По своей онтологический сути падший ангел – это машина. Она не способна к принятию подлинно самостоятельных решений. Именно этот упрек Фауст и бросает ростовщику перед тем, как окончательно от него избавиться. Человек до некоторой степени тоже машина, некий природный и социальный механизм, но только до некоторой степени. Человек несет ответственность за ту машину, которой он во многих случаях и является. Дьявол же такой ноши на свои плечи не взваливал, потому что дьявол и есть машина, целиком машина. Мефистофель не может раскаяться, потому что он еще не человек. Мучительная недопроявленность его сразу в двух мирах человеческом и животном становится причиной физической деформации, которая накладывает свой отпечаток и на оптику нашего восприятия князя мира сего как тела. Дьявол – это сердцевина человеческой Тени, если мы снова прибегнем к терминологии Юнга. И когда авторы фильма исходят из того допущения, что человек соблазняет черта, а не черт – человека, то они хотят этим сказать следующее: Бог не создавал ада, ад – дело рук человека.
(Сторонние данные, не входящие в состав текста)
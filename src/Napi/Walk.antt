-- ===== src/Napi/Walk.antt =====
-- The walk over the attributes of a reply.
use Prim.Native.Nat.{bit_and}
use abtrda.Prelude.{
  ℕ, zero, suc, ◌+◌, ◌-◌, ◌^◌, ◌≤◌, ◌<◌, ◌≡◌, refl, ap, ap₂, ◌∙◌, inl, inr, true, false, some, List,
  [], ◌∷◌, ◌++◌, arith, ltb, leb, ◌==◌, if◌then◌else◌, Bool-cases, length, length-append,
  append_assoc, drop, replicate, u32, sub64,
}
use abtrda.Bytes.{le_bytes, le_value, slice, load_u}
use abtrda.Napi.{nla_align, NapiParams, read_uint, take_attr, walk_attrs}

-- An attribute of a reply: its type, and a number of four bytes or of eight.
pub data Attr : Type 0 where
  attr32 : ℕ → ℕ → Attr
  attr64 : ℕ → ℕ → Attr

unfoldable pub attr_bytes : Attr → List ℕ
attr_bytes (attr32 type v) = le_bytes 2 8 ++ (le_bytes 2 type ++ le_bytes 4 v)
attr_bytes (attr64 type v) = le_bytes 2 12 ++ (le_bytes 2 type ++ le_bytes 8 v)

unfoldable pub attr_size : Attr → ℕ
attr_size (attr32 type v) = 8
attr_size (attr64 type v) = 12

unfoldable pub attr_type : Attr → ℕ
attr_type (attr32 type v) = type
attr_type (attr64 type v) = type

unfoldable pub attr_value : Attr → ℕ
attr_value (attr32 type v) = v
attr_value (attr64 type v) = v

unfoldable pub Encodable : Attr → Type 0
Encodable (attr32 type v) = (type < 2 ^ 16) × (v < 2 ^ 32)
Encodable (attr64 type v) = (type < 2 ^ 16) × (v < 2 ^ 64)

unfoldable pub attrs_bytes : List Attr → List ℕ
attrs_bytes [] = []
attrs_bytes (a ∷ more) = attr_bytes a ++ attrs_bytes more

-- The parameters with the field that an attribute of type `type` names set to `v`.
unfoldable pub set_param : ℕ → ℕ → NapiParams → NapiParams
set_param type v out =
    if bit_and type 16383 == 5
    then record out { defer_hard_irqs = u32 v }
    else (if bit_and type 16383 == 6
        then record out { gro_flush_ns = v }
        else (if bit_and type 16383 == 7 then record out { irq_suspend_ns = v } else out))

walk_attrs-step :
    (turns len type : ℕ) (attr : List ℕ) (rem : ℕ) (out next : NapiParams)
    → 4 ≤ rem
    → len ≤ rem
    → load_u 2 0 attr ≡ some len
    → load_u 2 2 attr ≡ some type
    → take_attr type (sub64 len 4) attr out ≡ some next
    → walk_attrs (suc turns) attr rem out
      ≡ walk_attrs turns (drop (nla_align len) attr) (rem - nla_align len) next
unfolding walk_attrs
walk_attrs-step turns len type attr rem out next h l e f g =
    let big : ltb rem 4 ≡ false = ground arith in
    let fits : ltb rem len ≡ false = ground arith in rw (e, f, g, big, fits) refl

pub attr_size-ge : (a : Attr) → 8 ≤ attr_size a
unfolding attr_size
attr_size-ge (attr32 type v) = omega arith
attr_size-ge (attr64 type v) = omega arith

nla_align-attr_size : (a : Attr) → nla_align (attr_size a) ≡ attr_size a
unfolding attr_size
nla_align-attr_size (attr32 type v) = refl
nla_align-attr_size (attr64 type v) = refl

payload : (a : Attr) → sub64 (attr_size a) 4 ≡ attr_size a - 4
unfolding attr_size
payload (attr32 type v) = refl
payload (attr64 type v) = refl

attr_type-lt : (a : Attr) → Encodable a → attr_type a < 2 ^ 16
unfolding attr_type Encodable
attr_type-lt (attr32 type v) h = h.0
attr_type-lt (attr64 type v) h = h.0

pub length-attr_bytes : (a : Attr) → length (attr_bytes a) ≡ attr_size a
unfolding attr_bytes le_bytes attr_size
length-attr_bytes (attr32 type v) = refl
length-attr_bytes (attr64 type v) = refl

pub load_u-within :
    (k i v : ℕ) (mem : List ℕ)
    → i + k ≤ length mem
    → le_value (slice i k mem) ≡ v
    → load_u k i mem ≡ some v
unfolding load_u
load_u-within k i v mem h e =
    let fits : leb (i + k) (length mem) ≡ true = ground arith in rw fits (ap some e)

roomy : (a : Attr) (tail : List ℕ) → 8 ≤ length (attr_bytes a ++ tail)
unfolding attr_bytes le_bytes
roomy (attr32 type v) tail = omega arith
roomy (attr64 type v) tail = omega arith

load_u-len : (a : Attr) (tail : List ℕ) → load_u 2 0 (attr_bytes a ++ tail) ≡ some (attr_size a)
unfolding attr_bytes le_bytes attr_size le_value
load_u-len (attr32 type v) tail =
    load_u-within 2 0 8 _ (omega (arith, roomy (attr32 type v) tail)) refl
load_u-len (attr64 type v) tail =
    load_u-within 2 0 12 _ (omega (arith, roomy (attr64 type v) tail)) refl

load_u-type :
    (a : Attr) (tail : List ℕ)
    → attr_type a < 2 ^ 16
    → load_u 2 2 (attr_bytes a ++ tail) ≡ some (attr_type a)
unfolding attr_bytes le_bytes attr_type le_value
load_u-type (attr32 type v) tail h =
    load_u-within 2 2 type _ (omega (arith, roomy (attr32 type v) tail)) (omega arith)
load_u-type (attr64 type v) tail h =
    load_u-within 2 2 type _ (omega (arith, roomy (attr64 type v) tail)) (omega arith)

read_uint-value :
    (a : Attr) (tail : List ℕ)
    → Encodable a
    → read_uint (attr_size a - 4) (attr_bytes a ++ tail) ≡ some (attr_value a)
unfolding attr_bytes le_bytes attr_size attr_value le_value read_uint Encodable
read_uint-value (attr32 type v) tail h =
    load_u-within 4 4 v _ (omega (arith, roomy (attr32 type v) tail)) (omega (arith, h.1))
read_uint-value (attr64 type v) tail h = load_u-within 8 4 v _ (omega arith) (omega (arith, h.1))

take_attr-read :
    (type plen v : ℕ) (attr : List ℕ) (out : NapiParams)
    → read_uint plen attr ≡ some v
    → take_attr type plen attr out ≡ some (set_param type v out)
unfolding take_attr set_param
take_attr-read type plen v attr out e = elim (Bool-cases (bit_and type 16383 == 5)) [
  | inl a ↦ rw (a, e) refl
  | inr a ↦ elim (Bool-cases (bit_and type 16383 == 6)) [
    | inl b ↦ rw (a, b, e) refl
    | inr b ↦ elim (Bool-cases (bit_and type 16383 == 7)) [
      | inl c ↦ rw (a, b, c, e) refl
      | inr c ↦ rw (a, b, c) refl
    ]
  ]
]

drop-attr_bytes : (a : Attr) (tail : List ℕ) → drop (attr_size a) (attr_bytes a ++ tail) ≡ tail
unfolding attr_bytes le_bytes attr_size
drop-attr_bytes (attr32 type v) tail = refl
drop-attr_bytes (attr64 type v) tail = refl

one_attr :
    (turns : ℕ) (a : Attr) (tail : List ℕ) (rem : ℕ) (out : NapiParams)
    → Encodable a
    → walk_attrs (suc turns) (attr_bytes a ++ tail) (attr_size a + rem) out
      ≡ walk_attrs turns tail rem (set_param (attr_type a) (attr_value a) out)
one_attr turns a tail rem out h =
    let next = set_param (attr_type a) (attr_value a) out in
    walk_attrs-step turns (attr_size a) (attr_type a) (attr_bytes a ++ tail) (attr_size a + rem) out
      next (omega (arith, attr_size-ge a)) (omega arith) (load_u-len a tail)
      (load_u-type a tail (attr_type-lt a h))
      (ap (λ n. take_attr (attr_type a) n (attr_bytes a ++ tail) out) (payload a)
        ∙ take_attr-read (attr_type a) (attr_size a - 4) (attr_value a) (attr_bytes a ++ tail) out
            (read_uint-value a tail h))
    ∙ ap₂ (λ bs n. walk_attrs turns bs n next)
        (ap (λ n. drop n (attr_bytes a ++ tail)) (nla_align-attr_size a) ∙ drop-attr_bytes a tail)
        (omega (arith, nla_align-attr_size a))

-- The numbers that a reply gives, in its order: the last attribute of a type counts.
unfoldable pub set_params : List Attr → NapiParams → NapiParams
unfolding set_param
set_params [] out = out
set_params (a ∷ more) out = set_params more (set_param (attr_type a) (attr_value a) out)

abbrev pub AllEncodable : List Attr → Type 0
AllEncodable [] = Unit {0}
AllEncodable (a ∷ more) = Encodable a × AllEncodable more

pub walk_attrs-set_params :
    (turns : ℕ) (attrs : List Attr) (tail : List ℕ) (out : NapiParams)
    → length attrs ≤ turns
    → AllEncodable attrs
    → walk_attrs turns (attrs_bytes attrs ++ tail) (length (attrs_bytes attrs)) out
      ≡ some (set_params attrs out)
unfolding walk_attrs attrs_bytes set_params
walk_attrs-set_params zero [] tail out l h = refl
walk_attrs-set_params (suc turns) [] tail out l h = refl
walk_attrs-set_params zero (a ∷ more) tail out l h = absurd (omega arith)
walk_attrs-set_params (suc turns) (a ∷ more) tail out l h =
    let rest = attrs_bytes more in
    ap₂ (λ bs n. walk_attrs (suc turns) bs n out) (append_assoc (attr_bytes a) rest tail)
      (length-append (attr_bytes a) rest ∙ ap (λ n. n + length rest) (length-attr_bytes a))
    ∙ one_attr turns a (rest ++ tail) (length rest) out h.0
    ∙ walk_attrs-set_params turns more tail _ (omega arith) h.1

-- The headers of a message.
abbrev pub headers : ℕ → ℕ → ℕ → ℕ → ℕ → List ℕ
headers size type flags seq cmd =
    le_bytes 4 size
    ++ (le_bytes 2 type
        ++ (le_bytes 2 flags ++ (le_bytes 4 seq ++ (replicate 4 0 ++ (cmd ∷ 1 ∷ 0 ∷ 0 ∷ [])))))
«Христианство есть религия человеческой личности. Религия персоналистическая и антропологическая»[97], – пишет русский религиозный мыслитель С. Франк. Как эти слова понимать и что же они означают?

Бог может всё. Бог всесилен, но только в том случае, если человек впускает Бога в свою жизнь. Вот почему христианство есть религия человеческой личности, а не, скажем, природы, которая навязывает свое всемогущество человеку, а то и вовсе может обойтись без человека. И вот почему христианство есть религия личности, а не, скажем, человеческого рода, из которого личность еще не выделилась и абсолютной ценностью не обладает. Бог не безликая сила, Бог – Личность. Вот почему христианство религия персоналистическая. Право впустить Бога в свою жизнь, вместить Его в своем сердце, остается за человеком. Человек, согласно христианскому учению о человеке, столь же неисчерпаем, как и Бог, столь же непознаваем и столь же свободен. Вот почему христианство религия антропологическая. И если человек не впустит Бога, то Бог не будет настаивать, не прибегнет к демонстрации Своей силы, так как Он уважает свободу человека. Бог и создавал человека как свободно-спонтанное существо, а не как очередную машину в мире автоматов и механизмов. Настаивать на своем присутствии в жизни человека будет дьявол, потому что дьявол желает получить власть над человеком любой ценой. А Бог – не любой. Богу и не нужна власть.

Бог ждет, когда человек по доброй воле откроет Ему свое сердце. Фауст Арабова и Сокурова далек от подобного шага, и сердце его запечатано именно потому, что оно ищет власти. Власти над природой, над другими людьми. То, что в картинах «Молох» (1999), «Телец» (2000), «Солнце» (2005) и «Фауст» (2011) разрабатывается именно эта тема, стало уже общим местом. А общие места воспринимаются как материал отработанный. Однако, по признанию самого Арабова, поле это непаханное, и закрывать тему рано…

В последней части кинотетралогии рассеивается туман истории и на авансцену выходит Адам, сорвавший яблоко с древа познания добра и зла. Но дьявол не смог дать ненасытному человеческому сердцу полной власти, и сердце взбунтовалось и против самого дьявола, а не только против Бога. Фауст бежит навстречу ледяному безмолвию своей души, удаляясь все дальше и дальше от Божественной тишины своего сокровенного внутреннего «я».